• Work task: Find the line containing "set-AreWords (w ∷ map) (suc" in the records below. Copy exactly that line and each one after it, ending at the line containing "pub clear_at-AreWords : (map", and nothing more.

• Collected data:
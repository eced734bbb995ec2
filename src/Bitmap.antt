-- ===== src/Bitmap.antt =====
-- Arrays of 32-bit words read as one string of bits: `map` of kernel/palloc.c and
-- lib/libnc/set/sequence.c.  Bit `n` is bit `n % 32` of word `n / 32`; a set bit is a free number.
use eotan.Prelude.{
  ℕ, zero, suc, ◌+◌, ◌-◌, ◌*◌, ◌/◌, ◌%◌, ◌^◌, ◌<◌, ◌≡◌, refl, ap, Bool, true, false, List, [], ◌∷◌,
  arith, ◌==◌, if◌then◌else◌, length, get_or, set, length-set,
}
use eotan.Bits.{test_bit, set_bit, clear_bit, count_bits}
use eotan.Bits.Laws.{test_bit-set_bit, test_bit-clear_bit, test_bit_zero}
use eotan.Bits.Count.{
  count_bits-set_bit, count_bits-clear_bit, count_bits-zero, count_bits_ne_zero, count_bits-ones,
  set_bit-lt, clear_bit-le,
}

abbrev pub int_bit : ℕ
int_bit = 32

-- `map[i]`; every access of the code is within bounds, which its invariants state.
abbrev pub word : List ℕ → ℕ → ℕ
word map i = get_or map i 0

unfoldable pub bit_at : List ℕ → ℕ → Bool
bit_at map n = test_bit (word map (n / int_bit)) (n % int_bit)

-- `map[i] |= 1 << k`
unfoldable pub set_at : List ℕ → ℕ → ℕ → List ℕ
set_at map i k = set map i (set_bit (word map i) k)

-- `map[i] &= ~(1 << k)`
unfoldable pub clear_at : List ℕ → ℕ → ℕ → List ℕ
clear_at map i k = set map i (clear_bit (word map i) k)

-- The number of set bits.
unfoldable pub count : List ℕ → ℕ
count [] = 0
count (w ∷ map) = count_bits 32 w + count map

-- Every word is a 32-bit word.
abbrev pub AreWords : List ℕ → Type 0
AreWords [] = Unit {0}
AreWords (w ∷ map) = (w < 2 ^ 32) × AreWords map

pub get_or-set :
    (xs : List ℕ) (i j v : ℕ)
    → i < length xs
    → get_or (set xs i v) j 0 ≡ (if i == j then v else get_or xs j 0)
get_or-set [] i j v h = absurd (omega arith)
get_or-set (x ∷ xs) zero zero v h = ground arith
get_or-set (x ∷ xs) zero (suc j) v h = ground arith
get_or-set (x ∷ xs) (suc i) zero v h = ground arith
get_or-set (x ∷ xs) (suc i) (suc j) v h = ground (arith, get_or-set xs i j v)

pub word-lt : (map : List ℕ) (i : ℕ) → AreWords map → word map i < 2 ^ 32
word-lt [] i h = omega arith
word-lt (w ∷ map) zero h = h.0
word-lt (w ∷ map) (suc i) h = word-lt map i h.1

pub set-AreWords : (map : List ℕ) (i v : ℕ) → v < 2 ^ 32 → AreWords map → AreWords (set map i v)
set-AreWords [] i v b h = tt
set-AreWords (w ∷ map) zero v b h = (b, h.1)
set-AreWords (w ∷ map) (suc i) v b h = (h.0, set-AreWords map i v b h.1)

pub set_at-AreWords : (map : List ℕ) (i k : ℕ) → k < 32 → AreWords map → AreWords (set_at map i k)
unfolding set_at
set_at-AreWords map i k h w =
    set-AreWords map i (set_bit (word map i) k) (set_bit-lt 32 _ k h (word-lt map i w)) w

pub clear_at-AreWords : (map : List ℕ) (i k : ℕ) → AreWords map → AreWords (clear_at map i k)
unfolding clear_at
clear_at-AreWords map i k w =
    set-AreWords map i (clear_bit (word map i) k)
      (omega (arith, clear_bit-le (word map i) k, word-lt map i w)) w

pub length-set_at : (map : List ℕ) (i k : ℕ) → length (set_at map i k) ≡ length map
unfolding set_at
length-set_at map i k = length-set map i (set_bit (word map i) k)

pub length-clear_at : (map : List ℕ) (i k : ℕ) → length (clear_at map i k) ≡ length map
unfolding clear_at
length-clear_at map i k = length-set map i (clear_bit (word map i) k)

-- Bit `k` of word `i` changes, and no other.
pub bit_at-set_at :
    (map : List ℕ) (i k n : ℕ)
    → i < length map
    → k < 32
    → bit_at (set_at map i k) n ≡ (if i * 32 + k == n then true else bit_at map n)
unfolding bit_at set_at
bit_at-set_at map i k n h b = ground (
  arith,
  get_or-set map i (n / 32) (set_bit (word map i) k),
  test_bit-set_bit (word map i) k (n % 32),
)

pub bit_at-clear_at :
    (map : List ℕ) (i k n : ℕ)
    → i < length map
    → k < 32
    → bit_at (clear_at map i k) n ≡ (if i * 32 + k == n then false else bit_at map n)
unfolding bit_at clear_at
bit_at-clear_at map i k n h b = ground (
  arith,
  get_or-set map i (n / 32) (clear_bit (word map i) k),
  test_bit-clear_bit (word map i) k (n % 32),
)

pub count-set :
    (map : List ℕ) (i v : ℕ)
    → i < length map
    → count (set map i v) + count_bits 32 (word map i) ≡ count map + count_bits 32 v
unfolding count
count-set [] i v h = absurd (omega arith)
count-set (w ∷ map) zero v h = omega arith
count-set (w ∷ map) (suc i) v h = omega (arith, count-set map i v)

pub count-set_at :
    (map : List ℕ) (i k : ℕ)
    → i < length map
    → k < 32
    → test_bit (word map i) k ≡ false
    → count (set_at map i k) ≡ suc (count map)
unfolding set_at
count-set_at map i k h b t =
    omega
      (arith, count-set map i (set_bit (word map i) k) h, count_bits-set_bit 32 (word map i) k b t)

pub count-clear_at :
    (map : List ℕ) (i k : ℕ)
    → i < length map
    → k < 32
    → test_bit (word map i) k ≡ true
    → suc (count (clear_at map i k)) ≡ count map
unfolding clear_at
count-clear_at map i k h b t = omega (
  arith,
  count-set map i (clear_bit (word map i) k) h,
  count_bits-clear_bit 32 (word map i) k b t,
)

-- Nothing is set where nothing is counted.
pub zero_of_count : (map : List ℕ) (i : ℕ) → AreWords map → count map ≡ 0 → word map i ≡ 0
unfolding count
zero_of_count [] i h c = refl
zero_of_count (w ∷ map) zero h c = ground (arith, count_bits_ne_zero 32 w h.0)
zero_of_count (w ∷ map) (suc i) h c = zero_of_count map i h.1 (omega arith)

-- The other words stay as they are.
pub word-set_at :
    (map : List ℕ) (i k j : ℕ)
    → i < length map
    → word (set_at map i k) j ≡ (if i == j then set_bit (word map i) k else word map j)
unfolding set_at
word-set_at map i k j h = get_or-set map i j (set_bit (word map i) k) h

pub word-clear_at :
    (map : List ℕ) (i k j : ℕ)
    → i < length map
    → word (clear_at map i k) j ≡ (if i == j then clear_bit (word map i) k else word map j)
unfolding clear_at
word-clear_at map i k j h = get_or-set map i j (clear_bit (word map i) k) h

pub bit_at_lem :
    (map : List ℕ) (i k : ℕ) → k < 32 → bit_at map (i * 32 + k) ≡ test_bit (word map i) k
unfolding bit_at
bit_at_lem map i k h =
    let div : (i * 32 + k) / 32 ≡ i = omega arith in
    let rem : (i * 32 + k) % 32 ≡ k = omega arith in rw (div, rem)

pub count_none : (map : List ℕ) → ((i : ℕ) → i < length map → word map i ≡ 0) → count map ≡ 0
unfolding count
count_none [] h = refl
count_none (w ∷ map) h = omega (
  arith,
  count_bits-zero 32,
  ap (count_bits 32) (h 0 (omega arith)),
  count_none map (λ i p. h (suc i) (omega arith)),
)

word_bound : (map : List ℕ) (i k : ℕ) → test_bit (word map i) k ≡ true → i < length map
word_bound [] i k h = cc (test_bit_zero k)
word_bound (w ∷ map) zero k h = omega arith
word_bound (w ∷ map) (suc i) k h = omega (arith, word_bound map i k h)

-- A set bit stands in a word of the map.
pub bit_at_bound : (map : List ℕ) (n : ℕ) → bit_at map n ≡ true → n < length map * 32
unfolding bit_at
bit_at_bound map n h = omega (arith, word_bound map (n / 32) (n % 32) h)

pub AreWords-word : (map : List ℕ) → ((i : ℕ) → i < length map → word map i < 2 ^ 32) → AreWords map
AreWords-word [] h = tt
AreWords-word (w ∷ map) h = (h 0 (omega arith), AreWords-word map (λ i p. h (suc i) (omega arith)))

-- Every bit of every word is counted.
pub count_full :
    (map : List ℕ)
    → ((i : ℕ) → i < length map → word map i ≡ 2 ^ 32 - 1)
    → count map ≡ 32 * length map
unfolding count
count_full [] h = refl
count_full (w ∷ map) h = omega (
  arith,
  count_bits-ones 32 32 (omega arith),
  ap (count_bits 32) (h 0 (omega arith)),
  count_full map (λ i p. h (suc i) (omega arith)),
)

• The completed task:
set-AreWords (w ∷ map) (suc i) v b h = (h.0, set-AreWords map i v b h.1)

pub set_at-AreWords : (map : List ℕ) (i k : ℕ) → k < 32 → AreWords map → AreWords (set_at map i k)
unfolding set_at
set_at-AreWords map i k h w =
    set-AreWords map i (set_bit (word map i) k) (set_bit-lt 32 _ k h (word-lt map i w)) w

pub clear_at-AreWords : (map : List ℕ) (i k : ℕ) → AreWords map → AreWords (clear_at map i k)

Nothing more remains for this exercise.